Her vision drifts to a far wall, her eyes looping on a pleasing swirl in the burlwood, where Mithradates projects her feeds in layers of soft amber light. The most important detail rises to the surface in pulsing cobalt: No one has followed. Right up until their unscheduled departure, no alarms were even raised.

Now the slip is over, only a few hours passed, and the slick ebon needle of her new ship, the Mithra, drifts above the ecliptic of Gliese 667C. Mithradates maps the bewildering orbits of the neighboring stars and the six rocky planets around 667C, adjusting for any local eccentricities since the stellar event. The third star, a dull red coal, squats at the center of a tangle of scorched planets. Elisha waits for Mithradates to find any sign of their quarry, but so far she only sees the purples and oranges of worlds and moons.

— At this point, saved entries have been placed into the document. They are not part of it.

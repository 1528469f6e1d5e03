-- ===== src/Crypto/Des/KeyTables.antt =====
-- The key schedule tables of hlibc/crypto/des.c, as the lists of the `MOVE_BIT` calls of `KS_0` to
-- `KS_15`.
use hlibc.Base.{ℕ, List, [], ◌∷◌}

abbrev pub ks_0_moves : List (ℕ × ℕ)
ks_0_moves =
    (54, 47)
    ∷ (13, 46)
    ∷ (30, 45)
    ∷ (4, 44)
    ∷ (15, 43)
    ∷ (47, 42)
    ∷ (31, 41)
    ∷ (7, 40)
    ∷ (62, 39)
    ∷ (55, 38)
    ∷ (45, 37)
    ∷ (22, 36)
    ∷ (61, 35)
    ∷ (29, 34)
    ∷ (38, 33)
    ∷ (39, 32)
    ∷ (20, 31)
    ∷ (6, 30)
    ∷ (5, 29)
    ∷ (63, 28)
    ∷ (28, 27)
    ∷ (37, 26)
    ∷ (46, 25)
    ∷ (23, 24)
    ∷ (42, 23)
    ∷ (36, 22)
    ∷ (25, 21)
    ∷ (10, 20)
    ∷ (27, 19)
    ∷ (60, 18)
    ∷ (17, 17)
    ∷ (34, 16)
    ∷ (59, 15)
    ∷ (11, 14)
    ∷ (41, 13)
    ∷ (35, 12)
    ∷ (3, 11)
    ∷ (43, 10)
    ∷ (26, 9)
    ∷ (1, 8)
    ∷ (49, 7)
    ∷ (44, 6)
    ∷ (19, 5)
    ∷ (50, 4)
    ∷ (51, 3)
    ∷ (2, 2)
    ∷ (9, 1)
    ∷ (33, 0)
    ∷ []

abbrev pub ks_1_moves : List (ℕ × ℕ)
ks_1_moves =
    (62, 47)
    ∷ (21, 46)
    ∷ (38, 45)
    ∷ (12, 44)
    ∷ (23, 43)
    ∷ (55, 42)
    ∷ (39, 41)
    ∷ (15, 40)
    ∷ (5, 39)
    ∷ (63, 38)
    ∷ (53, 37)
    ∷ (30, 36)
    ∷ (4, 35)
    ∷ (37, 34)
    ∷ (46, 33)
    ∷ (47, 32)
    ∷ (28, 31)
    ∷ (14, 30)
    ∷ (13, 29)
    ∷ (6, 28)
    ∷ (7, 27)
    ∷ (45, 26)
    ∷ (54, 25)
    ∷ (31, 24)
    ∷ (50, 23)
    ∷ (44, 22)
    ∷ (33, 21)
    ∷ (18, 20)
    ∷ (35, 19)
    ∷ (1, 18)
    ∷ (25, 17)
    ∷ (42, 16)
    ∷ (36, 15)
    ∷ (19, 14)
    ∷ (49, 13)
    ∷ (43, 12)
    ∷ (11, 11)
    ∷ (51, 10)
    ∷ (34, 9)
    ∷ (9, 8)
    ∷ (57, 7)
    ∷ (52, 6)
    ∷ (27, 5)
    ∷ (58, 4)
    ∷ (59, 3)
    ∷ (10, 2)
    ∷ (17, 1)
    ∷ (41, 0)
    ∷ []

abbrev pub ks_2_moves : List (ℕ × ℕ)
ks_2_moves =
    (13, 47)
    ∷ (37, 46)
    ∷ (54, 45)
    ∷ (28, 44)
    ∷ (39, 43)
    ∷ (6, 42)
    ∷ (55, 41)
    ∷ (31, 40)
    ∷ (21, 39)
    ∷ (14, 38)
    ∷ (4, 37)
    ∷ (46, 36)
    ∷ (20, 35)
    ∷ (53, 34)
    ∷ (62, 33)
    ∷ (63, 32)
    ∷ (15, 31)
    ∷ (30, 30)
    ∷ (29, 29)
    ∷ (22, 28)
    ∷ (23, 27)
    ∷ (61, 26)
    ∷ (5, 25)
    ∷ (47, 24)
    ∷ (3, 23)
    ∷ (60, 22)
    ∷ (49, 21)
    ∷ (34, 20)
    ∷ (51, 19)
    ∷ (17, 18)
    ∷ (41, 17)
    ∷ (58, 16)
    ∷ (52, 15)
    ∷ (35, 14)
    ∷ (2, 13)
    ∷ (59, 12)
    ∷ (27, 11)
    ∷ (36, 10)
    ∷ (50, 9)
    ∷ (25, 8)
    ∷ (10, 7)
    ∷ (1, 6)
    ∷ (43, 5)
    ∷ (11, 4)
    ∷ (44, 3)
    ∷ (26, 2)
    ∷ (33, 1)
    ∷ (57, 0)
    ∷ []

abbrev pub ks_3_moves : List (ℕ × ℕ)
ks_3_moves =
    (29, 47)
    ∷ (53, 46)
    ∷ (5, 45)
    ∷ (15, 44)
    ∷ (55, 43)
    ∷ (22, 42)
    ∷ (6, 41)
    ∷ (47, 40)
    ∷ (37, 39)
    ∷ (30, 38)
    ∷ (20, 37)
    ∷ (62, 36)
    ∷ (7, 35)
    ∷ (4, 34)
    ∷ (13, 33)
    ∷ (14, 32)
    ∷ (31, 31)
    ∷ (46, 30)
    ∷ (45, 29)
    ∷ (38, 28)
    ∷ (39, 27)
    ∷ (12, 26)
    ∷ (21, 25)
    ∷ (63, 24)
    ∷ (19, 23)
    ∷ (9, 22)
    ∷ (2, 21)
    ∷ (50, 20)
    ∷ (36, 19)
    ∷ (33, 18)
    ∷ (57, 17)
    ∷ (11, 16)
    ∷ (1, 15)
    ∷ (51, 14)
    ∷ (18, 13)
    ∷ (44, 12)
    ∷ (43, 11)
    ∷ (52, 10)
    ∷ (3, 9)
    ∷ (41, 8)
    ∷ (26, 7)
    ∷ (17, 6)
    ∷ (59, 5)
    ∷ (27, 4)
    ∷ (60, 3)
    ∷ (42, 2)
    ∷ (49, 1)
    ∷ (10, 0)
    ∷ []

abbrev pub ks_4_moves : List (ℕ × ℕ)
ks_4_moves =
    (45, 47)
    ∷ (4, 46)
    ∷ (21, 45)
    ∷ (31, 44)
    ∷ (6, 43)
    ∷ (38, 42)
    ∷ (22, 41)
    ∷ (63, 40)
    ∷ (53, 39)
    ∷ (46, 38)
    ∷ (7, 37)
    ∷ (13, 36)
    ∷ (23, 35)
    ∷ (20, 34)
    ∷ (29, 33)
    ∷ (30, 32)
    ∷ (47, 31)
    ∷ (62, 30)
    ∷ (61, 29)
    ∷ (54, 28)
    ∷ (55, 27)
    ∷ (28, 26)
    ∷ (37, 25)
    ∷ (14, 24)
    ∷ (35, 23)
    ∷ (25, 22)
    ∷ (18, 21)
    ∷ (3, 20)
    ∷ (52, 19)
    ∷ (49, 18)
    ∷ (10, 17)
    ∷ (27, 16)
    ∷ (17, 15)
    ∷ (36, 14)
    ∷ (34, 13)
    ∷ (60, 12)
    ∷ (59, 11)
    ∷ (1, 10)
    ∷ (19, 9)
    ∷ (57, 8)
    ∷ (42, 7)
    ∷ (33, 6)
    ∷ (44, 5)
    ∷ (43, 4)
    ∷ (9, 3)
    ∷ (58, 2)
    ∷ (2, 1)
    ∷ (26, 0)
    ∷ []

abbrev pub ks_5_moves : List (ℕ × ℕ)
ks_5_moves =
    (61, 47)
    ∷ (20, 46)
    ∷ (37, 45)
    ∷ (47, 44)
    ∷ (22, 43)
    ∷ (54, 42)
    ∷ (38, 41)
    ∷ (14, 40)
    ∷ (4, 39)
    ∷ (62, 38)
    ∷ (23, 37)
    ∷ (29, 36)
    ∷ (39, 35)
    ∷ (7, 34)
    ∷ (45, 33)
    ∷ (46, 32)
    ∷ (63, 31)
    ∷ (13, 30)
    ∷ (12, 29)
    ∷ (5, 28)
    ∷ (6, 27)
    ∷ (15, 26)
    ∷ (53, 25)
    ∷ (30, 24)
    ∷ (51, 23)
    ∷ (41, 22)
    ∷ (34, 21)
    ∷ (19, 20)
    ∷ (1, 19)
    ∷ (2, 18)
    ∷ (26, 17)
    ∷ (43, 16)
    ∷ (33, 15)
    ∷ (52, 14)
    ∷ (50, 13)
    ∷ (9, 12)
    ∷ (44, 11)
    ∷ (17, 10)
    ∷ (35, 9)
    ∷ (10, 8)
    ∷ (58, 7)
    ∷ (49, 6)
    ∷ (60, 5)
    ∷ (59, 4)
    ∷ (25, 3)
    ∷ (11, 2)
    ∷ (18, 1)
    ∷ (42, 0)
    ∷ []

abbrev pub ks_6_moves : List (ℕ × ℕ)
ks_6_moves =
    (12, 47)
    ∷ (7, 46)
    ∷ (53, 45)
    ∷ (63, 44)
    ∷ (38, 43)
    ∷ (5, 42)
    ∷ (54, 41)
    ∷ (30, 40)
    ∷ (20, 39)
    ∷ (13, 38)
    ∷ (39, 37)
    ∷ (45, 36)
    ∷ (55, 35)
    ∷ (23, 34)
    ∷ (61, 33)
    ∷ (62, 32)
    ∷ (14, 31)
    ∷ (29, 30)
    ∷ (28, 29)
    ∷ (21, 28)
    ∷ (22, 27)
    ∷ (31, 26)
    ∷ (4, 25)
    ∷ (46, 24)
    ∷ (36, 23)
    ∷ (57, 22)
    ∷ (50, 21)
    ∷ (35, 20)
    ∷ (17, 19)
    ∷ (18, 18)
    ∷ (42, 17)
    ∷ (59, 16)
    ∷ (49, 15)
    ∷ (1, 14)
    ∷ (3, 13)
    ∷ (25, 12)
    ∷ (60, 11)
    ∷ (33, 10)
    ∷ (51, 9)
    ∷ (26, 8)
    ∷ (11, 7)
    ∷ (2, 6)
    ∷ (9, 5)
    ∷ (44, 4)
    ∷ (41, 3)
    ∷ (27, 2)
    ∷ (34, 1)
    ∷ (58, 0)
    ∷ []

abbrev pub ks_7_moves : List (ℕ × ℕ)
ks_7_moves =
    (28, 47)
    ∷ (23, 46)
    ∷ (4, 45)
    ∷ (14, 44)
    ∷ (54, 43)
    ∷ (21, 42)
    ∷ (5, 41)
    ∷ (46, 40)
    ∷ (7, 39)
    ∷ (29, 38)
    ∷ (55, 37)
    ∷ (61, 36)
    ∷ (6, 35)
    ∷ (39, 34)
    ∷ (12, 33)
    ∷ (13, 32)
    ∷ (30, 31)
    ∷ (45, 30)
    ∷ (15, 29)
    ∷ (37, 28)
    ∷ (38, 27)
    ∷ (47, 26)
    ∷ (20, 25)
    ∷ (62, 24)
    ∷ (52, 23)
    ∷ (10, 22)
    ∷ (3, 21)
    ∷ (51, 20)
    ∷ (33, 19)
    ∷ (34, 18)
    ∷ (58, 17)
    ∷ (44, 16)
    ∷ (2, 15)
    ∷ (17, 14)
    ∷ (19, 13)
    ∷ (41, 12)
    ∷ (9, 11)
    ∷ (49, 10)
    ∷ (36, 9)
    ∷ (42, 8)
    ∷ (27, 7)
    ∷ (18, 6)
    ∷ (25, 5)
    ∷ (60, 4)
    ∷ (57, 3)
    ∷ (43, 2)
    ∷ (50, 1)
    ∷ (11, 0)
    ∷ []

abbrev pub ks_8_moves : List (ℕ × ℕ)
ks_8_moves =
    (7, 47)
    ∷ (31, 46)
    ∷ (12, 45)
    ∷ (22, 44)
    ∷ (62, 43)
    ∷ (29, 42)
    ∷ (13, 41)
    ∷ (54, 40)
    ∷ (15, 39)
    ∷ (37, 38)
    ∷ (63, 37)
    ∷ (4, 36)
    ∷ (14, 35)
    ∷ (47, 34)
    ∷ (20, 33)
    ∷ (21, 32)
    ∷ (38, 31)
    ∷ (53, 30)
    ∷ (23, 29)
    ∷ (45, 28)
    ∷ (46, 27)
    ∷ (55, 26)
    ∷ (28, 25)
    ∷ (5, 24)
    ∷ (60, 23)
    ∷ (18, 22)
    ∷ (11, 21)
    ∷ (59, 20)
    ∷ (41, 19)
    ∷ (42, 18)
    ∷ (3, 17)
    ∷ (52, 16)
    ∷ (10, 15)
    ∷ (25, 14)
    ∷ (27, 13)
    ∷ (49, 12)
    ∷ (17, 11)
    ∷ (57, 10)
    ∷ (44, 9)
    ∷ (50, 8)
    ∷ (35, 7)
    ∷ (26, 6)
    ∷ (33, 5)
    ∷ (1, 4)
    ∷ (2, 3)
    ∷ (51, 2)
    ∷ (58, 1)
    ∷ (19, 0)
    ∷ []

abbrev pub ks_9_moves : List (ℕ × ℕ)
ks_9_moves =
    (23, 47)
    ∷ (47, 46)
    ∷ (28, 45)
    ∷ (38, 44)
    ∷ (13, 43)
    ∷ (45, 42)
    ∷ (29, 41)
    ∷ (5, 40)
    ∷ (31, 39)
    ∷ (53, 38)
    ∷ (14, 37)
    ∷ (20, 36)
    ∷ (30, 35)
    ∷ (63, 34)
    ∷ (7, 33)
    ∷ (37, 32)
    ∷ (54, 31)
    ∷ (4, 30)
    ∷ (39, 29)
    ∷ (61, 28)
    ∷ (62, 27)
    ∷ (6, 26)
    ∷ (15, 25)
    ∷ (21, 24)
    ∷ (9, 23)
    ∷ (34, 22)
    ∷ (27, 21)
    ∷ (44, 20)
    ∷ (57, 19)
    ∷ (58, 18)
    ∷ (19, 17)
    ∷ (1, 16)
    ∷ (26, 15)
    ∷ (41, 14)
    ∷ (43, 13)
    ∷ (2, 12)
    ∷ (33, 11)
    ∷ (10, 10)
    ∷ (60, 9)
    ∷ (3, 8)
    ∷ (51, 7)
    ∷ (42, 6)
    ∷ (49, 5)
    ∷ (17, 4)
    ∷ (18, 3)
    ∷ (36, 2)
    ∷ (11, 1)
    ∷ (35, 0)
    ∷ []

abbrev pub ks_10_moves : List (ℕ × ℕ)
ks_10_moves =
    (39, 47)
    ∷ (63, 46)
    ∷ (15, 45)
    ∷ (54, 44)
    ∷ (29, 43)
    ∷ (61, 42)
    ∷ (45, 41)
    ∷ (21, 40)
    ∷ (47, 39)
    ∷ (4, 38)
    ∷ (30, 37)
    ∷ (7, 36)
    ∷ (46, 35)
    ∷ (14, 34)
    ∷ (23, 33)
    ∷ (53, 32)
    ∷ (5, 31)
    ∷ (20, 30)
    ∷ (55, 29)
    ∷ (12, 28)
    ∷ (13, 27)
    ∷ (22, 26)
    ∷ (31, 25)
    ∷ (37, 24)
    ∷ (25, 23)
    ∷ (50, 22)
    ∷ (43, 21)
    ∷ (60, 20)
    ∷ (10, 19)
    ∷ (11, 18)
    ∷ (35, 17)
    ∷ (17, 16)
    ∷ (42, 15)
    ∷ (57, 14)
    ∷ (59, 13)
    ∷ (18, 12)
    ∷ (49, 11)
    ∷ (26, 10)
    ∷ (9, 9)
    ∷ (19, 8)
    ∷ (36, 7)
    ∷ (58, 6)
    ∷ (2, 5)
    ∷ (33, 4)
    ∷ (34, 3)
    ∷ (52, 2)
    ∷ (27, 1)
    ∷ (51, 0)
    ∷ []

abbrev pub ks_11_moves : List (ℕ × ℕ)
ks_11_moves =
    (55, 47)
    ∷ (14, 46)
    ∷ (31, 45)
    ∷ (5, 44)
    ∷ (45, 43)
    ∷ (12, 42)
    ∷ (61, 41)
    ∷ (37, 40)
    ∷ (63, 39)
    ∷ (20, 38)
    ∷ (46, 37)
    ∷ (23, 36)
    ∷ (62, 35)
    ∷ (30, 34)
    ∷ (39, 33)
    ∷ (4, 32)
    ∷ (21, 31)
    ∷ (7, 30)
    ∷ (6, 29)
    ∷ (28, 28)
    ∷ (29, 27)
    ∷ (38, 26)
    ∷ (47, 25)
    ∷ (53, 24)
    ∷ (41, 23)
    ∷ (3, 22)
    ∷ (59, 21)
    ∷ (9, 20)
    ∷ (26, 19)
    ∷ (27, 18)
    ∷ (51, 17)
    ∷ (33, 16)
    ∷ (58, 15)
    ∷ (10, 14)
    ∷ (44, 13)
    ∷ (34, 12)
    ∷ (2, 11)
    ∷ (42, 10)
    ∷ (25, 9)
    ∷ (35, 8)
    ∷ (52, 7)
    ∷ (11, 6)
    ∷ (18, 5)
    ∷ (49, 4)
    ∷ (50, 3)
    ∷ (1, 2)
    ∷ (43, 1)
    ∷ (36, 0)
    ∷ []

abbrev pub ks_12_moves : List (ℕ × ℕ)
ks_12_moves =
    (6, 47)
    ∷ (30, 46)
    ∷ (47, 45)
    ∷ (21, 44)
    ∷ (61, 43)
    ∷ (28, 42)
    ∷ (12, 41)
    ∷ (53, 40)
    ∷ (14, 39)
    ∷ (7, 38)
    ∷ (62, 37)
    ∷ (39, 36)
    ∷ (13, 35)
    ∷ (46, 34)
    ∷ (55, 33)
    ∷ (20, 32)
    ∷ (37, 31)
    ∷ (23, 30)
    ∷ (22, 29)
    ∷ (15, 28)
    ∷ (45, 27)
    ∷ (54, 26)
    ∷ (63, 25)
    ∷ (4, 24)
    ∷ (57, 23)
    ∷ (19, 22)
    ∷ (44, 21)
    ∷ (25, 20)
    ∷ (42, 19)
    ∷ (43, 18)
    ∷ (36, 17)
    ∷ (49, 16)
    ∷ (11, 15)
    ∷ (26, 14)
    ∷ (60, 13)
    ∷ (50, 12)
    ∷ (18, 11)
    ∷ (58, 10)
    ∷ (41, 9)
    ∷ (51, 8)
    ∷ (1, 7)
    ∷ (27, 6)
    ∷ (34, 5)
    ∷ (2, 4)
    ∷ (3, 3)
    ∷ (17, 2)
    ∷ (59, 1)
    ∷ (52, 0)
    ∷ []

abbrev pub ks_13_moves : List (ℕ × ℕ)
ks_13_moves =
    (22, 47)
    ∷ (46, 46)
    ∷ (63, 45)
    ∷ (37, 44)
    ∷ (12, 43)
    ∷ (15, 42)
    ∷ (28, 41)
    ∷ (4, 40)
    ∷ (30, 39)
    ∷ (23, 38)
    ∷ (13, 37)
    ∷ (55, 36)
    ∷ (29, 35)
    ∷ (62, 34)
    ∷ (6, 33)
    ∷ (7, 32)
    ∷ (53, 31)
    ∷ (39, 30)
    ∷ (38, 29)
    ∷ (31, 28)
    ∷ (61, 27)
    ∷ (5, 26)
    ∷ (14, 25)
    ∷ (20, 24)
    ∷ (10, 23)
    ∷ (35, 22)
    ∷ (60, 21)
    ∷ (41, 20)
    ∷ (58, 19)
    ∷ (59, 18)
    ∷ (52, 17)
    ∷ (2, 16)
    ∷ (27, 15)
    ∷ (42, 14)
    ∷ (9, 13)
    ∷ (3, 12)
    ∷ (34, 11)
    ∷ (11, 10)
    ∷ (57, 9)
    ∷ (36, 8)
    ∷ (17, 7)
    ∷ (43, 6)
    ∷ (50, 5)
    ∷ (18, 4)
    ∷ (19, 3)
    ∷ (33, 2)
    ∷ (44, 1)
    ∷ (1, 0)
    ∷ []

abbrev pub ks_14_moves : List (ℕ × ℕ)
ks_14_moves =
    (38, 47)
    ∷ (62, 46)
    ∷ (14, 45)
    ∷ (53, 44)
    ∷ (28, 43)
    ∷ (31, 42)
    ∷ (15, 41)
    ∷ (20, 40)
    ∷ (46, 39)
    ∷ (39, 38)
    ∷ (29, 37)
    ∷ (6, 36)
    ∷ (45, 35)
    ∷ (13, 34)
    ∷ (22, 33)
    ∷ (23, 32)
    ∷ (4, 31)
    ∷ (55, 30)
    ∷ (54, 29)
    ∷ (47, 28)
    ∷ (12, 27)
    ∷ (21, 26)
    ∷ (30, 25)
    ∷ (7, 24)
    ∷ (26, 23)
    ∷ (51, 22)
    ∷ (9, 21)
    ∷ (57, 20)
    ∷ (11, 19)
    ∷ (44, 18)
    ∷ (1, 17)
    ∷ (18, 16)
    ∷ (43, 15)
    ∷ (58, 14)
    ∷ (25, 13)
    ∷ (19, 12)
    ∷ (50, 11)
    ∷ (27, 10)
    ∷ (10, 9)
    ∷ (52, 8)
    ∷ (33, 7)
    ∷ (59, 6)
    ∷ (3, 5)
    ∷ (34, 4)
    ∷ (35, 3)
    ∷ (49, 2)
    ∷ (60, 1)
    ∷ (17, 0)
    ∷ []

abbrev pub ks_15_moves : List (ℕ × ℕ)
ks_15_moves =
    (46, 47)
    ∷ (5, 46)
    ∷ (22, 45)
    ∷ (61, 44)
    ∷ (7, 43)
    ∷ (39, 42)
    ∷ (23, 41)
    ∷ (28, 40)
    ∷ (54, 39)
    ∷ (47, 38)
    ∷ (37, 37)
    ∷ (14, 36)
    ∷ (53, 35)
    ∷ (21, 34)
    ∷ (30, 33)
    ∷ (31, 32)
    ∷ (12, 31)
    ∷ (63, 30)
    ∷ (62, 29)
    ∷ (55, 28)
    ∷ (20, 27)
    ∷ (29, 26)
    ∷ (38, 25)
    ∷ (15, 24)
    ∷ (34, 23)
    ∷ (59, 22)
    ∷ (17, 21)
    ∷ (2, 20)
    ∷ (19, 19)
    ∷ (52, 18)
    ∷ (9, 17)
    ∷ (26, 16)
    ∷ (51, 15)
    ∷ (3, 14)
    ∷ (33, 13)
    ∷ (27, 12)
    ∷ (58, 11)
    ∷ (35, 10)
    ∷ (18, 9)
    ∷ (60, 8)
    ∷ (41, 7)
    ∷ (36, 6)
    ∷ (11, 5)
    ∷ (42, 4)
    ∷ (43, 3)
    ∷ (57, 2)
    ∷ (1, 1)
    ∷ (25, 0)
    ∷ []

The nausea arrives as she scans the display, inevitable postslip vomit rising up at the back of her throat. A small basin of burnished silver extends on a silent pseudopod, awaiting her purge. Everyone must sleep during the slip, and only Goetsch claims to have conquered the purge. Elisha could have asked Mithradates to confirm, to see if it’s just more bluster from the mission’s XO, but she’d rather let the man keep his boasts.

With a twinkling of glass bells, a white dot appears in the orbital map, then another. The Odin, and the Yggdrasil. The ghost ships, in the shadow of the third planet. Elation rises up in her, along with something else. Elisha leans into the gleaming mouth of the basin and gags before her throat unlocks to spray a hot foam of sweet pepper bisque, her last meal before their covert flight from Terrapin Yards.

As she blots her lips with a soft cloth, the remains of the first slipprobe from the Reclamation Society appears on Mithradates’ map. Closer in, trailing the orbit of the third planet, it’s just a few hundred thousand kilometers from the Odin and the Yggdrasil. It reads as a scattered cloud of pinprick fragments in the readout, the slip engine still bleeding weak exotic energy signals even a few weeks after the probe’s demise. The second probe, following hours after and launched at great risk of detection, had been more circumspect. From a high and silent orbit, it brought back word of Odin and the Yggdrasil, their distant silhouettes barely visible in the shadow of the dead world.

If there were still survivors aboard, separated by more than 900 years of cultural and technological drift, they would need to be approached with cautious grace. Her spine crawled with excitement at the thought, as if the universe had unfurled to give flesh to her dreams.

When they had told her about the probes, she’d thrown every ounce of social capital she had to get the Reclamation Society’s nomination, abandoning the last of her studies. She’d been the one to propose the theft of her mother’s ship, the Mithra, and she and Goetsch had arranged to patch the ship’s entity, Mithradates, in secret. In the end, they were the only possible crew. She bent and twisted the world to deliver them to this moment.

More sounds, ringing steel this time, as Mithradates tells her the rest of the crew are awake and ready to begin. With his new software, he vibrates with excitement, almost as eager as her to begin. A third tone, hollow wooden chimes, and Mithradates paints new information in the air above the Odin and the Yggdrasil. Her brow furrows. The numinous excitement that suffused her since her selection fades into the background. She leans closer to confirm what Mithradates is showing her.

Around the great sphere of the Yggdrasil drifts a cloud of objects, an accretion disc of ablative armor shrapnel from a thousand years of micrometeorites, drifting screws and abandoned tools, and corpses. Thousands of frozen corpses, lashed by ropes. Loops and whorls of the dead sketching glyphs and geometric shapes drift around the ghost ship, held close by the Yggdrasil’s gentle gravity.